+++ Exercise inputs +++

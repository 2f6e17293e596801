-- ===== src/Start/Restarting.antt =====
-- The step of `start` that updates the module and restarts it.
use patchwork.Prelude.{
  ℕ, ◌<◌, ◌≡◌, refl, sym, ap, ◌∙◌, ◌⊎◌, inl, inr, true, false, Option, some, List, length, ◌==◌,
  if◌then◌else◌,
}
use patchwork.Memory.{Memory}
use patchwork.Text.Strings.{IsString}
use patchwork.Hooks.Apply.{Machine}
use patchwork.FileSystem.Disk.{Disk}
use patchwork.Http.{Sha256}
use patchwork.Http.Download.{Response}
use patchwork.Update.{
  PatchworkLaunchArgs, StackFrame, download_path, install_path, size_64k, download_update,
  try_update_and_install, try_restart_module,
}
use patchwork.Update.Keeps.{Keeps}
use patchwork.Update.Verified.{IsReadable}
use patchwork.Update.Unharmed.{
  answer, answer_status, announced, began, try_update_and_install-IsTried,
}
use patchwork.Start.{Services, PatchworkConfigOptions, wants_update}
use patchwork.Start.Steps.{update_and_restart}
use patchwork.Start.Configured.{string_at-IsString}

module _ {W : Type 0} (v : Services W) (sha : Sha256) (fuel : ℕ) (frame : StackFrame)
    (options : PatchworkConfigOptions) (m : Memory) (w : W) where
  -- The URL of the server is a string, the calls that are not about files leave the plugin and the
  -- download alone, the header of an answer 200 is a string for which the logger has room, and there
  -- is fuel for the URL, the answer and the file after the download.
  pub record IsUpdatable : Type 0 where
    pub disk : Disk v.platform.fs
    pub response : Response v.platform.fs disk v.platform.http sha
    pub keeps : Keeps v.platform sha disk install_path
    pub keeps_download : Keeps v.platform sha disk download_path
    pub url : List ℕ
    pub here : IsString m options.update_server_url url
    pub enough : length url < fuel
    pub enough_rounds :
        length (answer v.platform sha disk response keeps keeps_download fuel frame url w) < fuel
    pub readable :
        answer_status v.platform sha disk response keeps keeps_download fuel frame url w ≡ 200
        → IsReadable v.platform sha disk response
            (announced v.platform sha disk response keeps keeps_download fuel frame url w).value
    pub enough_after :
        (err : ℕ) (v' : W)
        → download_update v.platform sha fuel frame
            (began v.platform sha disk response keeps keeps_download fuel frame url w).0
            size_64k
            url
            (began v.platform sha disk response keeps keeps_download fuel frame url w).1
          ≡ some (err, v')
        → length (disk.file v' download_path) < fuel

  -- After a try to update: a module that was started has made of the memory what it has.
  abbrev pub restarted : ℕ → W → Machine W
  restarted err w1 = if err == 0 then (m, w1) else (try_restart_module v.platform sha (m, w1)).1

  -- The memory when the block is done is `later`: that of before, if no update is wanted; else the
  -- update has what it needs, and the memory is what the module that was started, if one was, has
  -- made of it.
  abbrev pub IsSettled : Option PatchworkLaunchArgs → Memory → Type 0
  IsSettled launch_args later =
      ((wants_update launch_args options ≡ false) × (later ≡ m))
      ⊎ ((wants_update launch_args options ≡ true)
          × ((can : IsUpdatable) × ((err : ℕ) (w1 : W)
                → try_update_and_install v.platform sha fuel frame can.url w ≡ some (err, w1)
                → later ≡ (restarted err w1).0)))

  -- The step returns, with or without an update.
  pub update_and_restart-some :
      (launch_args : Option PatchworkLaunchArgs) (later : Memory)
      → IsSettled launch_args later
      → (w' : W) × (update_and_restart v sha fuel frame launch_args options m w ≡ some (later, w'))
  unfolding update_and_restart
  update_and_restart-some launch_args later (inl (unwanted, same)) =
      (w, rw (unwanted, same, update_and_restart) refl)
  update_and_restart-some launch_args later (inr (wanted, (can, settles))) =
      let tried =
        try_update_and_install-IsTried v.platform sha can.disk can.response can.keeps
          can.keeps_download fuel frame can.url w can.enough_rounds can.readable can.enough_after in
      let read = string_at-IsString fuel m options.update_server_url can.url can.enough can.here in
      let returned : update_and_restart v sha fuel frame launch_args options m w
          ≡ some (restarted tried.err tried.world) =
        rw (wanted, read, tried.returns, update_and_restart) refl in
      (
        (restarted tried.err tried.world).1,
        returned
            ∙ ap (λ x. some (x, (restarted tried.err tried.world).1))
                (sym (settles tried.err tried.world tried.returns)),
      )
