-- ===== src/Start/Entry.antt =====
-- `start` itself, put together from its steps.
use mathlib.Core.Option
use patchwork.Prelude.{ℕ, Bool, Option, none, some}
use patchwork.Prelude.{[], ◌∷◌, ◌++◌, ◌==◌, if◌then◌else◌, codes}
use patchwork.Message.{number}
use patchwork.Files.{read_file}
use patchwork.Http.{Sha256}
use patchwork.Sysmodules.{load_all_modules, unload_all_modules}
use patchwork.Hooks.Patches.{Symbols}
use patchwork.Hooks.Apply.{Machine, apply_game_patches}
use patchwork.Hooks.Game.{get_lbp_game_number, patches_of}
use patchwork.Update.{Platform, PatchworkLaunchArgs, StackFrame, line}
use patchwork.Start.{
  main_config_path, PatchworkConfigOptions, no_options, ScriptHooks, Locals, game_code, Services,
  write_bytes,
}
use patchwork.Start.Steps.{
  update_and_restart, setup_join_key, set_string, select_instructions, set_user_agent, announce,
}

module _ {W : Type 0} (v : Services W) (sha : Sha256) where
  abbrev p : Platform W
  p = v.platform

  module _ (s : Symbols) (hooks : ScriptHooks) (locals : Locals) where
    -- The configuration, and the world after the block that reads it, with its update.
    unfoldable pub read_config :
        ℕ
        → StackFrame
        → Option PatchworkLaunchArgs
        → Machine W
        → Option (PatchworkConfigOptions × Machine W)
    read_config fuel frame launch_args (m, w) =
        let (file, w1) = read_file p.fs p.error_dialog main_config_path 312 w in
        elim file [
          | none ↦ some (
            no_options,
            (
              m,
              p.error_dialog "Failed to read the Patchwork configuration!"
                  (p.log_ln (line "Failed to read config file, options are unset") w1),
            ),
          )
          | some bytes ↦
              let (options, m1) =
                v.read_toml locals.toml_buf (write_bytes m locals.toml_buf bytes) in
              let w2 =
                p.log_ln (line "Mapped config entries to patch options")
                  (p.log_ln (line "Parsed config file buffer") w1) in
              elim (update_and_restart v sha fuel frame launch_args options m1 w2) [
                | none ↦ none
                | some machine ↦ some (options, machine)
              ]
        ]

    -- From the detection of the game to its patches.
    unfoldable pub patch_game : ℕ → PatchworkConfigOptions → Bool → Machine W → Option (Machine W)
    patch_game fuel options join_key_randomized (m, w) =
        let game = get_lbp_game_number m in
        let selected = select_instructions v sha s hooks locals game (m, w) in
        if game_code game == 0
        then some (
          selected.0,
          p.error_dialog "Failed to detect game, your online is not safe!" selected.1,
        )
        else elim (set_user_agent v sha s hooks locals fuel game options selected) [
          | none ↦ none
          | some named ↦
              Option.map (apply_game_patches p.log_ln (patches_of game s))
                (announce v sha s hooks locals fuel game options join_key_randomized named)
        ]

    -- The strings and the key of the configuration, and what follows.
    unfoldable pub configure_and_patch : ℕ → PatchworkConfigOptions → Machine W → Option (Machine W)
    configure_and_patch fuel options machine =
        elim (setup_join_key v sha s hooks locals fuel options machine) [
          | none ↦ none
          | some (randomized, with_key) ↦
              elim (set_string v sha s hooks locals fuel s.server_url options.server_url
                "Server URL: %s" with_key) [
                  | none ↦ none
                  | some with_url ↦
                      elim (set_string v sha s hooks locals fuel s.server_digest options.digest_key
                        "Digest Key: %s" with_url) [
                          | none ↦ none
                          | some with_digest ↦ patch_game fuel options randomized with_digest
                        ]
                ]
        ]

    -- The launch arguments are `none` where the code has `NULL`.
    unfoldable pub start :
        ℕ → StackFrame → Option PatchworkLaunchArgs → Machine W → Option (Machine W)
    start fuel frame launch_args (m, w) =
        let w1 : W = elim launch_args [
          | none ↦ w
          | some args ↦
              v.info_dialog
                (codes "Patchwork has been updated to version "
                  ++ v.major_str
                  ++ codes "."
                  ++ v.minor_str)
                (p.log_ln
                  (record {
                    format = codes "PRX was reloaded from PRX ID: %d";
                    arguments = number args.old_process ∷ [];
                  })
                  w)
        ] in
        let w2 = v.init_logger (load_all_modules p.log_ln v.cell_sysmodule_load_module v.ids w1) in
        elim (read_config fuel frame launch_args (m, w2)) [
          | none ↦ none
          | some (options, machine) ↦
              Option.map
                (λ done. (
                  done.0,
                  unload_all_modules p.log_ln v.cell_sysmodule_unload_module v.ids
                      (v.destroy_logger done.1),
                ))
                (configure_and_patch fuel options machine)
        ]
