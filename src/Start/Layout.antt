-- ===== src/Start/Layout.antt =====
-- Who owns an address: the linker and the stack give each object of the module addresses of its own.
use patchwork.Prelude.{
  ℕ, ◌+◌, ◌-◌, ◌<◌, ◌≡◌, ◌≢◌, refl, sym, ap, ◌∙◌, inl, inr, Bool, false, ◌||◌, List, [], ◌∷◌, ◌++◌,
  ◌==◌, length, ltb, leb, Bool-cases, arith,
}
use patchwork.Memory.{Memory, Outside, load_pointer, load_pointer_bytes}
use patchwork.Text.Strings.{IsString, IsString-bytes}

-- The object is one of these.
abbrev pub touches : List ℕ → ℕ → Bool
touches [] k = false
touches (x ∷ xs) k = x == k || touches xs k

pub touches-append : (xs ys : List ℕ) (k : ℕ) → touches (xs ++ ys) k ≡ touches xs k || touches ys k
touches-append [] ys k = refl
touches-append (x ∷ xs) ys k = ground (arith, touches-append xs ys k)

module _ (owner : ℕ → ℕ) where
  -- The object has `n` bytes from `start`.
  abbrev pub Owned : ℕ → ℕ → ℕ → Type 0
  Owned start n object = (i : ℕ) → i < n → owner (start + i) ≡ object

  -- No byte changes but those of the objects.
  abbrev pub Changes : List ℕ → Memory → Memory → Type 0
  Changes objects m m' = (a : ℕ) → touches objects (owner a) ≡ false → m' a ≡ m a

  pub Owned-Outside :
      (start n object a : ℕ) → Owned start n object → owner a ≢ object → Outside a start n
  Owned-Outside start n object a owned other = elim (Bool-cases (ltb a start)) [
    | inl below ↦ inl (ground arith)
    | inr above ↦ elim (Bool-cases (leb (start + n) a)) [
      | inl beyond ↦ inr (ground arith)
      | inr inside ↦
          let at : start + (a - start) ≡ a = ground arith in
          absurd (other (ap owner (sym at) ∙ owned (a - start) (ground arith)))
    ]
  ]

  pub Changes-trans :
      (xs ys : List ℕ) (m m' m'' : Memory)
      → Changes xs m m'
      → Changes ys m' m''
      → Changes (xs ++ ys) m m''
  Changes-trans xs ys m m' m'' first second a off =
      let both = touches-append xs ys (owner a) in second a (ground arith) ∙ first a (ground arith)

  -- What an object holds stays if the object is not among those that change.
  pub kept :
      (objects : List ℕ) (m m' : Memory) (start n object : ℕ)
      → Changes objects m m'
      → touches objects object ≡ false
      → Owned start n object
      → (i : ℕ) → i < n
      → m' (start + i) ≡ m (start + i)
  kept objects m m' start n object changes off owned i below =
      changes (start + i) (ap (touches objects) (owned i below) ∙ off)

  pub load_pointer-kept :
      (objects : List ℕ) (m m' : Memory) (start object : ℕ)
      → Changes objects m m'
      → touches objects object ≡ false
      → Owned start 4 object
      → load_pointer m' start ≡ load_pointer m start
  load_pointer-kept objects m m' start object changes off owned =
      load_pointer_bytes m' m start start (kept objects m m' start 4 object changes off owned)

  pub IsString-kept :
      (objects : List ℕ) (m m' : Memory) (start object : ℕ) (cs : List ℕ)
      → Changes objects m m'
      → touches objects object ≡ false
      → Owned start (length cs + 1) object
      → IsString m start cs
      → IsString m' start cs
  IsString-kept objects m m' start object cs changes off owned here =
      IsString-bytes m m' start start cs
        (λ i below.
          kept objects m m' start (length cs + 1) object changes off owned i (omega arith))
        here
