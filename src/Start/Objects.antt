-- ===== src/Start/Objects.antt =====
-- The objects of the module, the room that the linker and the stack give them, and what the
-- configuration and the services are to hold for the rest of `start`.
use patchwork.Prelude.{
  ℕ, ◌+◌, ◌^◌, ◌<◌, ◌≡◌, ◌≢◌, sym, ap, ◌∙◌, inl, inr, Bool, true, false, List, [], ◌∷◌, ◌++◌,
  length, ltb, Bool-cases, arith,
}
use patchwork.Memory.{Memory, load_pointer}
use patchwork.Text.Strings.{IsString}
use patchwork.Http.{Sha256}
use patchwork.Hooks.Offsets.{
  lbp1_user_agent_offset, lbp2_user_agent_offset, lbp3_user_agent_offset, lbp3_jp_user_agent_offset,
}
use patchwork.Hooks.Patches.{Symbols}
use patchwork.Hooks.Game.{GameNumber, get_lbp_game_number, game_end, IsOwn}
use patchwork.Hooks.Assembly.ForceJoin.{force_join_length}
use patchwork.Hooks.Assembly.Patched.{force_join_source}
use patchwork.Text.Trim.{strip_rest}
use patchwork.Update.{fits_log}
use patchwork.Start.Steps.{string_message}
use patchwork.Start.{Services, Locals, PatchworkConfigOptions, chosen_message}
use patchwork.Start.Wording.{avoids}
use patchwork.Start.Layout.{touches, Owned, Changes, IsString-kept}
use patchwork.Start.Agent.{game_char, agent_message, agent_text}

-- The objects of the module, as the owners of their addresses; 0 is the game.
abbrev pub network_key_word : ℕ
network_key_word = 1

abbrev pub user_agent_word : ℕ
user_agent_word = 2

abbrev pub server_url_word : ℕ
server_url_word = 3

abbrev pub server_digest_word : ℕ
server_digest_word = 4

abbrev pub script_hook_word : ℕ
script_hook_word = 5

abbrev pub notification_word : ℕ
notification_word = 6

abbrev pub join_key_hash_bytes : ℕ
join_key_hash_bytes = 7

abbrev pub user_agent_bytes : ℕ
user_agent_bytes = 8

abbrev pub msg_buf_bytes : ℕ
msg_buf_bytes = 9

abbrev pub key_text : ℕ
key_text = 10

abbrev pub url_text : ℕ
url_text = 11

abbrev pub digest_text : ℕ
digest_text = 12

abbrev pub code_bytes : ℕ
code_bytes = 13

module _ (owner : ℕ → ℕ) (fuel : ℕ) where
  -- An option of the configuration, if it is set, is the address of a string that is an object.
  pub record IsOption (object option : ℕ) (cs : List ℕ) (m : Memory) : Type 0 where
    pub bound : option < 2 ^ 32
    pub enough : length cs < fuel
    pub here : IsString m option cs
    pub owned : Owned owner option (length cs + 1) object

pub get_lbp_game_number-below :
    (m n : Memory)
    → ((a : ℕ) → a < game_end → m a ≡ n a)
    → get_lbp_game_number m ≡ get_lbp_game_number n
unfolding get_lbp_game_number
get_lbp_game_number-below m n same = ground (
  arith,
  same (lbp1_user_agent_offset + 15) (omega arith),
  same (lbp2_user_agent_offset + 18) (omega arith),
  same (lbp3_user_agent_offset + 18) (omega arith),
  same (lbp3_jp_user_agent_offset + 18) (omega arith),
)

pub Owned-IsOwn :
    (owner : ℕ → ℕ) (start n object : ℕ)
    → ((a : ℕ) → a < game_end → owner a ≡ 0)
    → object ≢ 0
    → 0 < n
    → Owned owner start n object
    → IsOwn start
Owned-IsOwn owner start n object below other some_room owned =
    elim (Bool-cases (ltb start game_end)) [
      | inl low ↦ absurd (
          other (sym (owned 0 (omega arith)) ∙ ap owner (omega arith) ∙ below start (ground arith)))
      | inr high ↦ ground arith
    ]

pub IsOption-kept :
    (owner : ℕ → ℕ) (fuel object option : ℕ) (cs objects : List ℕ) (m m' : Memory)
    → Changes owner objects m m'
    → touches objects object ≡ false
    → IsOption owner fuel object option cs m
    → IsOption owner fuel object option cs m'
IsOption-kept owner fuel object option cs objects m m' changes off string = record {
  bound = string.bound;
  enough = string.enough;
  here = IsString-kept owner objects m m' option object cs changes off string.owned string.here;
  owned = string.owned;
}

module _ {W : Type 0} (owner : ℕ → ℕ) (fuel : ℕ) (v : Services W) (sha : Sha256) (s : Symbols)
    (locals : Locals) (options : PatchworkConfigOptions) where
  -- The objects of the module have addresses of their own, above the game. The message has so much
  -- room: it may reach past the end of its buffer, where nothing else stands.
  pub record IsLaidOut (room : ℕ) : Type 0 where
    pub game_owner : (a : ℕ) → a < game_end → owner a ≡ 0
    pub network_key : Owned owner s.network_key 4 network_key_word
    pub user_agent : Owned owner s.user_agent 4 user_agent_word
    pub server_url : Owned owner s.server_url 4 server_url_word
    pub server_digest : Owned owner s.server_digest 4 server_digest_word
    pub script_hook_instruction : Owned owner s.script_hook_instruction 4 script_hook_word
    pub notification_enable_instruction :
        Owned owner s.notification_enable_instruction 4 notification_word
    pub join_key_hash : Owned owner locals.join_key_hash 32 join_key_hash_bytes
    pub user_agent_buf : Owned owner locals.user_agent 64 user_agent_bytes
    pub msg_buf : Owned owner locals.msg_buf room msg_buf_bytes
    pub bounds : (locals.join_key_hash < 2 ^ 32) × (locals.user_agent < 2 ^ 32)
    pub lbp1_playlist_override : Owned owner s.lbp1_playlist_override 1 code_bytes
    pub force_join :
        (game : GameNumber)
        → Owned owner (force_join_source game s) (force_join_length game) code_bytes

  -- The pointers are still `NULL`, and the options that are set are strings, for whose messages the
  -- logger has room.
  pub record IsConfigured (key url digest : List ℕ) (m : Memory) : Type 0 where
    pub network_key : load_pointer m s.network_key ≡ 0
    pub server_url : load_pointer m s.server_url ≡ 0
    pub server_digest : load_pointer m s.server_digest ≡ 0
    pub key_option : options.join_key ≢ 0 → IsOption owner fuel key_text options.join_key key m
    pub url_option : options.server_url ≢ 0 → IsOption owner fuel url_text options.server_url url m
    pub digest_option :
        options.digest_key ≢ 0 → IsOption owner fuel digest_text options.digest_key digest m
    pub url_logged :
        options.server_url ≢ 0
        → fits_log v.platform (string_message "Server URL: %s" (strip_rest url)) ≡ true
    pub digest_logged :
        options.digest_key ≢ 0
        → fits_log v.platform (string_message "Digest Key: %s" (strip_rest digest)) ≡ true

  -- What the code relies on of SHA-256 and of `Snprintf`, and the sizes of the texts.
  pub record IsWorded (game : GameNumber) (room : ℕ) : Type 0 where
    pub sized : (bytes : List ℕ) → length (sha.digest bytes) ≡ 32
    pub formats : v.snprintf 64 (agent_message v game options) ≡ agent_text v game options ++ 0 ∷ []
    pub plain : avoids 0 (agent_text v game options) ≡ true
    pub agent_fits : length (agent_text v game options) < 22
    pub agent_enough : length (agent_text v game options) < fuel
    pub major : (avoids b'X' v.major_str ≡ true) × (avoids 0 v.major_str ≡ true)
    pub minor : (avoids b'X' v.minor_str ≡ true) × (avoids 0 v.minor_str ≡ true)
    pub digit : game_char v game ≢ 0
    pub message_fits :
        (b : Bool)
        → length (chosen_message v.major_str v.minor_str options.enable_join_key b) < room
    pub message_enough :
        (b : Bool)
        → length (chosen_message v.major_str v.minor_str options.enable_join_key b) < fuel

+++

> **Work item**
Whenever the string "addresses" shows up in a line of the entries, copy that line.

> **Exercise result**
-- Who owns an address: the linker and the stack give each object of the module addresses of its own.
-- The objects of the module, as the owners of their addresses; 0 is the game.
  -- The objects of the module have addresses of their own, above the game. The message has so much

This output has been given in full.